Сначала я думал, они пьяны, но после первых же слов убедился, что возбуждение это носит иной характер. Первым ко мне подошел Орешин. Лицо его было темным и злобным. Я его никогда таким не видел.

— Что, не нравится тебе, что ли?





Клюев, с которым у нас были дружеские отношения, добавил:

— Наше времечко пришло.

Не понимая, в чем дело, я взглянул на Есенина, стоявшего в стороне. Он подошел и стал около меня. Глаза его щурились и улыбались. Однако он не останавливал ни Клюева, ни Орешина, ни злобно одобрявшего их нападки Клычкова. Он только незаметно для них просунул свою руку в карман моей шубы и крепко сжал мои пальцы, продолжая хитро улыбаться.

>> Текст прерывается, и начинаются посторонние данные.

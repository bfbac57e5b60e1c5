-- ===== src/Deployment/Ports/Race.antt =====
-- Two deployments that run `allocatePort` of apps/worker/src/deployment/port-allocator.js at the
-- same time over one collection: each of scan, write and check is one step, in any order. A port
-- may turn out to be busy, and the status of either deployment may change at any time.
use hello_deploy.Prelude.{
  ◌⊎◌, inl, inr, ℕ, ◌<◌, ◌≡◌, ◌≢◌, refl, arith, Bool, true, false, Bool-cases, Option, none, some,
  List, [], ◌∷◌,
}
use hello_deploy.Contracts.Enums.{DeploymentStatus, deploying}
use hello_deploy.Deployment.Ports.{Other, is_holder, is_used, rival, wins}

-- Where a deployment stands in its claim.
pub data Phase : Type 0 where
  idle : Phase
  found written kept : ℕ → Phase

-- The phases and the `status` and `containerPort` fields of the deployment with the lower id and of
-- the other.
pub record Pair : Type 0 where
  pub low : Phase
  pub high : Phase
  pub low_status : DeploymentStatus
  pub high_status : DeploymentStatus
  pub low_port : Option ℕ
  pub high_port : Option ℕ

abbrev pub start : Pair
start = record {
  low = idle;
  high = idle;
  low_status = deploying;
  high_status = deploying;
  low_port = none;
  high_port = none;
}

-- A deployment as the other one reads it.
abbrev pub as_other : ℕ → DeploymentStatus → Option ℕ → List Other
as_other id status port = record { id = id; status = status; container_port = port } ∷ []

module _ (a b : ℕ) where
  pub data Step (s : Pair) : Pair → Type 0 where
    low_scan :
        (p : ℕ)
        → s.low ≡ idle
        → is_used p (as_other b s.high_status s.high_port) ≡ false
        → Step s (record s { low = found p })
    low_write : (p : ℕ) → s.low ≡ found p → Step s (record s { low = written p; low_port = some p })
    low_keep :
        (p : ℕ)
        → s.low ≡ written p
        → wins a (rival p (as_other b s.high_status s.high_port)) ≡ true
        → Step s (record s { low = kept p })
    -- `probePortFree` says no
    low_busy :
        (p : ℕ)
        → s.low ≡ written p
        → wins a (rival p (as_other b s.high_status s.high_port)) ≡ true
        → Step s (record s { low = idle; low_port = none })
    low_update : (status : DeploymentStatus) → Step s (record s { low_status = status })
    low_lose :
        (p : ℕ)
        → s.low ≡ written p
        → wins a (rival p (as_other b s.high_status s.high_port)) ≡ false
        → Step s (record s { low = idle; low_port = none })
    high_scan :
        (p : ℕ)
        → s.high ≡ idle
        → is_used p (as_other a s.low_status s.low_port) ≡ false
        → Step s (record s { high = found p })
    high_write :
        (p : ℕ) → s.high ≡ found p → Step s (record s { high = written p; high_port = some p })
    high_keep :
        (p : ℕ)
        → s.high ≡ written p
        → wins b (rival p (as_other a s.low_status s.low_port)) ≡ true
        → Step s (record s { high = kept p })
    -- `probePortFree` says no
    high_busy :
        (p : ℕ)
        → s.high ≡ written p
        → wins b (rival p (as_other a s.low_status s.low_port)) ≡ true
        → Step s (record s { high = idle; high_port = none })
    high_update : (status : DeploymentStatus) → Step s (record s { high_status = status })
    high_lose :
        (p : ℕ)
        → s.high ≡ written p
        → wins b (rival p (as_other a s.low_status s.low_port)) ≡ false
        → Step s (record s { high = idle; high_port = none })

  pub data Reach (s : Pair) : Pair → Type 0 where
    here : Reach s s
    next : {t u : Pair} → Reach s t → Step t u → Reach s u

  -- The other deployment finds that the lower id holds the port.
  abbrev pub low_holds : ℕ → Pair → Bool
  low_holds p s = is_used p (as_other a s.low_status s.low_port)

  -- The lower id holds the port, and the higher one has not kept it.
  record IsSettled (p : ℕ) (s : Pair) : Type 0 where
    holds : low_holds p s ≡ true
    phase : (s.low ≡ written p) ⊎ (s.low ≡ kept p)
    apart : s.high ≢ kept p

  module _ (lt : a < b) (p : ℕ) where
    low_wins : (st : DeploymentStatus) (o : Option ℕ) → wins a (rival p (as_other b st o)) ≡ true
    unfolding rival is_holder
    low_wins st o = ground arith

    high_loses :
        (s : Pair)
        → low_holds p s ≡ true
        → wins b (rival p (as_other a s.low_status s.low_port)) ≡ false
    unfolding rival is_used is_holder
    high_loses s h = ground (arith, h)

    IsSettled-Step :
        {s t : Pair} → Step s t → IsSettled p s → IsSettled p t ⊎ (low_holds p t ≡ false)
    unfolding is_used is_holder
    IsSettled-Step {s} (low_scan q e u) h = absurd (ground (arith, h.phase))
    IsSettled-Step {s} (low_write q e) h = absurd (ground (arith, h.phase))
    IsSettled-Step {s} (low_keep q e w) h =
        inl (record { holds = h.holds; phase = inr (ground (arith, h.phase)); apart = h.apart })
    IsSettled-Step {s} (low_busy q e w) h = inr (ground arith)
    IsSettled-Step {s} (low_update st) h =
        elim (Bool-cases (low_holds p (record s { low_status = st }))) [
          | inl still ↦ inl (record { holds = still; phase = h.phase; apart = h.apart })
          | inr given ↦ inr given
        ]
    IsSettled-Step {s} (low_lose q e w) h =
        absurd (ground (arith, h.phase, low_wins s.high_status s.high_port))
    IsSettled-Step {s} (high_scan q e u) h =
        inl (record { holds = h.holds; phase = h.phase; apart = λ k. cc })
    IsSettled-Step {s} (high_write q e) h =
        inl (record { holds = h.holds; phase = h.phase; apart = λ k. cc })
    IsSettled-Step {s} (high_keep q e w) h = inl (record {
      holds = h.holds;
      phase = h.phase;
      apart = λ k. absurd (ground (arith, k, w, high_loses s h.holds));
    })
    IsSettled-Step {s} (high_busy q e w) h =
        inl (record { holds = h.holds; phase = h.phase; apart = λ k. cc })
    IsSettled-Step {s} (high_update st) h =
        inl (record { holds = h.holds; phase = h.phase; apart = h.apart })
    IsSettled-Step {s} (high_lose q e w) h =
        inl (record { holds = h.holds; phase = h.phase; apart = λ k. cc })

    -- On the way, there was a state in which the lower one had given the port up.
    abbrev GivenUp : Pair → Pair → Type 0
    GivenUp s t = (u : Pair) × Reach s u × Reach u t × (low_holds p u ≡ false)

    IsSettled-Reach : {s t : Pair} → IsSettled p s → Reach s t → IsSettled p t ⊎ GivenUp s t
    IsSettled-Reach h here = inl h
    IsSettled-Reach {s} h (next {t} {u} r st) = elim (IsSettled-Reach h r) [
      | inr (v, before, after, given) ↦ inr (v, before, next after st, given)
      | inl k ↦ elim (IsSettled-Step st k) [
        | inl settled ↦ inl settled
        | inr given ↦ inr (u, next r st, here, given)
      ]
    ]

-- When the deployment with the lower id has written a port that the other has not kept, then in every
-- later state the lower one still holds that port and the other has not kept it, or there was a state
-- between in which the lower one no longer held it.
pub lower_id_keeps :
    (a b : ℕ) (p : ℕ) (s t : Pair)
    → a < b
    → s.low ≡ written p
    → low_holds a b p s ≡ true
    → s.high ≢ kept p
    → Reach a b s t
    → ((low_holds a b p t ≡ true) × ((t.low ≡ written p) ⊎ (t.low ≡ kept p)) × (t.high ≢ kept p))
      ⊎ ((u : Pair) × Reach a b s u × Reach a b u t × (low_holds a b p u ≡ false))
lower_id_keeps a b p s t lt w o n r =
    elim (IsSettled-Reach a b lt p (record { holds = o; phase = inl w; apart = n }) r) [
      | inl h ↦ inl (h.holds, h.phase, h.apart)
      | inr given ↦ inr given
    ]

-- The other order is not excluded: whatever the two ids and the port, both deployments may end up
-- keeping the same port. The higher id writes and checks between the lower one's scan and write.
pub double_claim :
    (a b p : ℕ)
    → a < b
    → Reach a b start
        (record start { low = kept p; high = kept p; low_port = some p; high_port = some p })
unfolding is_used rival is_holder
double_claim a b p lt =
    next
      (next
        (next
          (next (next (next here (low_scan p refl refl)) (high_scan p refl refl))
            (high_write p refl))
          (high_keep p refl refl))
        (low_write p refl))
      (low_keep p refl (low_wins a b lt p deploying (some p)))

Мы простояли несколько секунд, потоптавшись на месте, и молча разошлись в разные стороны.

Через несколько дней я встретил Есенина одного и спросил, что означал тот «маскарад», как я мысленно окрестил недавнюю встречу. Есенин махнул рукой и засмеялся.

— А ты испугался?

— Да, испугался, но только за тебя!

Есенин лукаво улыбнулся.

— Ишь как поворачиваешь дело.

— Тут нечего поворачивать, — ответил я. — Меня испугало то, что тебя как будто подменили.

— Не обращай внимания. Это все Клюев. Он внушил нам, что теперь настало «крестьянское царство» и что с дворянчиками нам не по пути. Видишь ли, это он всех городских поэтов называет дворянчиками.

— Уж не мнит ли он себя новым Пугачевым?

— Кто его знает, у него все так перекручено, что сам черт ногу сломит. А Клычков и Орешин просто дурака валяли.

Прошло месяца три. Как–то мы шли с Есениным по Большому проспекту Петроградской стороны. Указывая глазами на огромные красивые афиши, возвещавшие о моей лекции в цирке «Модерн», он подмигнул мне и сказал: «Сознайся, тебе ведь нравится, когда твое имя… раскатывается по городу?»

Я грустно посмотрел на Есенина, как бы говоря: если друзья не понимают, тогда что уж скажут враги?

Он сжал мою руку:

— Не сердись, ведь я пошутил.

После небольшой паузы добавил, опять заулыбавшись:

— А знаешь, все–таки это приятно. Но ведь в этом нет ничего дурного. Каждый из нас утверждает себя, без этого нельзя. Афиша ведь — это то же самое, если бы ты размножился и из одного получилось двести или… сколько там афиш бывает? Триста или больше?

Спустя некоторое время я поделился с ним моими огорчениями, что мои друзья и знакомые отшатываются от меня за то, что я иду за большевиками. Вот, например, Владимир Гордин, редактор журнала «Вершины», любивший меня искренне и часто печатавший мои рассказы, подошел ко мне недавно на лекции и сказал: «Так вот вы какой оказались? Одумайтесь, иначе погибнете!»

— А ты плюнь на него. Что тебе, детей с ним крестить, что ли? Я сам бы читал лекции, если бы умел. Да вот не умею. Стихи могу, а лекции — нет.

— Да ты не пробовал, — сказал я.

— Нет, нет, — ответил Есенин с некоторой даже досадой, — у меня все равно ничего не получится, людей насмешу, да и только. А вот стихи буду читать перед народом.

Вдруг он громко рассмеялся.

— Вот Клюева вспомнил. Жаловался он мне, что народ его не понимает. Сам–де я из народа, а народ–то меня не понимает. А я ему на это: да ведь стихи–то твои ладаном пропахли. Больно часто ты таскал их по разным «церковным салонам».